Protective Effect of Semisynthetic and Natural Flavonoid on Aged Rat Microglia-enriched Cultures.

机构信息

Center of Experimental Medicine, Institute of Experimental Pharmacology and Toxicology, Slovak Academy of Sciences, Dubravska cesta 9, 841 04, Bratislava, Slovak Republic.

出版信息

Neurotox Res. 2019 Nov;36(4):844-858. doi: 10.1007/s12640-019-00071-5. Epub 2019 Jun 22.

Abstract

The ROS-mediated lysosomal dysfunction and coinciding deterioration of mitochondrial function are thought to be the prominent mechanisms responsible for aging.
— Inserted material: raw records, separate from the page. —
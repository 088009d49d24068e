-- ===== src/Vm/WideInt/Tests.antt =====
-- The theorems on wide integers, at a small concrete state.
use fuel_vm.Reg
use fuel_vm.Prelude.{
  ℕ, ◌+◌, ◌*◌, ◌/◌, ◌%◌, ◌^◌, ◌<◌, ◌≡◌, refl, List, [], ◌∷◌, some, not, ◌==◌, if◌then◌else◌, arith,
  from_be_bytes,
}
use fuel_vm.Prelude.Words.{from_be_bytes_onto}
use fuel_vm.Prelude.Lists.{slice, take, drop}
use fuel_vm.Memory.{mem_size, read}
use fuel_vm.Memory.Valid.{byte}
use fuel_vm.Vm.{Vm, Registers}
use fuel_vm.Vm.Valid.{IsValid, Post}
use fuel_vm.Vm.WideInt.{alu_wideint_addmod, alu_wideint_mulmod, alu_wideint_muldiv}
use fuel_vm.Vm.WideInt.Laws.{IsWide, exact, exact-IsWide}
use fuel_vm.Vm.WideInt.Stored.{Divides, Overflowing}
use fuel_vm.Vm.WideInt.Correct.{
  IsAt, residue, quotient, alu_wideint_modular_lem, alu_wideint_muldiv_lem,
}
use fuel_vm.Vm.WideInt.Execute.{WideCosts, WideInstruction, execute_wide}
use fuel_vm.Vm.WideInt.Run.{execute_wide-IsValid}

-- The number seven in sixteen bytes of the stack
abbrev seven_registers : Registers
seven_registers r =
    if r == Reg.one
    then 1
    else if r == Reg.sp
    then 16
    else if r == Reg.hp
    then mem_size
    else if r == Reg.ggas
    then 1000
    else if r == Reg.cgas
    then 900
    else 0

abbrev seven_bytes : List ℕ
seven_bytes = 0 ∷ 0 ∷ 0 ∷ 0 ∷ 0 ∷ 0 ∷ 0 ∷ 0 ∷ 0 ∷ 0 ∷ 0 ∷ 0 ∷ 0 ∷ 0 ∷ 0 ∷ 7 ∷ []

abbrev seven : Vm
seven = record {
  registers = seven_registers;
  memory = record { stack = seven_bytes; heap = []; hp = mem_size };
  frames = [];
}

octet_at : (j b : ℕ) → byte seven.memory j ≡ some b → b < 256
unfolding byte
octet_at j b e = ground arith

seven-IsValid : IsValid seven
seven-IsValid = record {
  words = λ r. ground arith;
  zero_reg = refl;
  one_reg = refl;
  memory = record {
    hp_bound = omega arith;
    stack_below = omega arith;
    heap_fits = omega arith;
    heap_covers = omega arith;
  };
  octets = octet_at;
  heap_pointer = refl;
  stack_grown = omega arith;
  stack_order = omega arith;
  gas_order = omega arith;
}

exact_u128-IsWide : IsWide (exact 16)
exact_u128-IsWide = exact-IsWide 16 (omega arith) (omega arith) refl

exact_u256-IsWide : IsWide (exact 32)
exact_u256-IsWide = exact-IsWide 32 (omega arith) (omega arith) refl

seven-IsAt : IsAt (exact 16) exact_u128-IsWide seven 0 7
unfolding exact read fuel_vm.Memory.verify slice take drop from_be_bytes from_be_bytes_onto
seven-IsAt = (seven_bytes, refl, refl)

abbrev unit_wide_costs : WideCosts
unit_wide_costs = record {
  wdcm = 1;
  wqcm = 1;
  wdop = 1;
  wqop = 1;
  wdml = 1;
  wqml = 1;
  wddv = 1;
  wqdv = 1;
  wdmd = 1;
  wqmd = 1;
  wdam = 1;
  wqam = 1;
  wdmm = 1;
  wqmm = 1;
}

execute_wide-IsValid_example :
    IsValid
      (execute_wide unit_wide_costs (exact 16) (exact 32) (WideInstruction.wdmm 0 0 0 0) seven).1
    × Post
        (λ _. Unit {0})
        (execute_wide unit_wide_costs (exact 16) (exact 32) (WideInstruction.wdmm 0 0 0 0) seven).0
execute_wide-IsValid_example =
    execute_wide-IsValid unit_wide_costs (exact 16) (exact 32) (WideInstruction.wdmm 0 0 0 0) seven
      exact_u128-IsWide exact_u256-IsWide seven-IsValid

alu_wideint_modular_lem_example :
    Divides (exact 16) 0 (residue (7 + 7) 7) seven (alu_wideint_addmod (exact 16) 0 0 0 0 seven)
    × Divides (exact 16) 0 (residue (7 * 7) 7) seven (alu_wideint_mulmod (exact 16) 0 0 0 0 seven)
alu_wideint_modular_lem_example =
    alu_wideint_modular_lem (exact 16) exact_u128-IsWide seven 0 0 0 0 7 7 7 seven-IsValid
      (omega arith) seven-IsAt seven-IsAt seven-IsAt

alu_wideint_muldiv_lem_example :
    Overflowing
      (exact 16)
      0
      (quotient (exact 16).size (7 * 7) 7 % 256 ^ (exact 16).size)
      (not (quotient (exact 16).size (7 * 7) 7 / 256 ^ (exact 16).size == 0))
      seven
      (alu_wideint_muldiv (exact 16) 0 0 0 0 seven)
alu_wideint_muldiv_lem_example =
    alu_wideint_muldiv_lem (exact 16) exact_u128-IsWide seven 0 0 0 0 7 7 7 seven-IsValid
      (omega arith) seven-IsAt seven-IsAt seven-IsAt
Microglia, the resident macrophages in the central nervous system, were postulated to belong to the major targets vulnerable to these detrimental processes, acting as principal drivers in brain aging. The present study investigated the potential protective effect of the semisynthetic flavonoid 3'-O-(3-chloropivaloyl) quercetin (CPQ) and quercetin (Q) on microglia-enriched mixed brain cultures (MBCs) established from aged Wistar rats. Both flavonoids tested suppressed the development of lipofuscin-related autofluorescence in aged cells. Further ensuing protective effects included reduction of protein oxidation markers in aged cells. Moreover, unlike Q, CPQ significantly suppressed sensitivity of aged cells to stimulation of superoxide burst. Other activation markers, cellular hypertrophy and isolectin B4 binding, were also downregulated by treatment with both CPQ and Q. In conclusion, results of our study suggest that both flavonoids tested may protect microglia with a quite comparable efficacy against aging-related accumulated alterations. The protective mechanism can include interference with the ROS-mediated vicious cycles involving lysosomal dysfunction. Nevertheless, the lipophilized quercetin, CPQ, a compound with proposed enhanced biological availability compared to parent molecule, can represent an agent potentially useful for new effective pharmaceutical intervention against brain aging, overcoming the limitations of clinical applicability of quercetin.

摘要

ROS 介导致密体功能障碍和线粒体功能同时恶化被认为是导致衰老的主要机制。小胶质细胞是中枢神经系统中的常驻巨噬细胞,被认为是易受这些有害过程影响的主要靶标,是大脑衰老的主要驱动因素。本研究探讨了半合成类黄酮 3'-O-(3-氯代异戊酰基)槲皮素 (CPQ) 和槲皮素 (Q) 对从小鼠大脑中分离的富含小胶质细胞的混合脑培养物 (MBC) 的潜在保护作用。两种黄酮类化合物都抑制了老化细胞中脂褐素相关自发荧光的发展。进一步的保护作用包括减少老化细胞中的蛋白质氧化标志物。此外,与 Q 不同,CPQ 显著抑制了老化细胞对超氧化物爆发刺激的敏感性。其他激活标志物,如细胞肥大和异凝集素 B4 结合,也被 CPQ 和 Q 的处理下调。总之,我们的研究结果表明,两种被测试的类黄酮可能以相当的功效保护小胶质细胞,对抗与衰老相关的累积改变。保护机制可能包括干扰涉及溶酶体功能障碍的 ROS 介导的恶性循环。然而,与母体分子相比,具有增强生物利用度的亲脂性槲皮素 CPQ 可能代表一种潜在有用的药物干预大脑衰老的新有效药物,克服了槲皮素临床应用的局限性。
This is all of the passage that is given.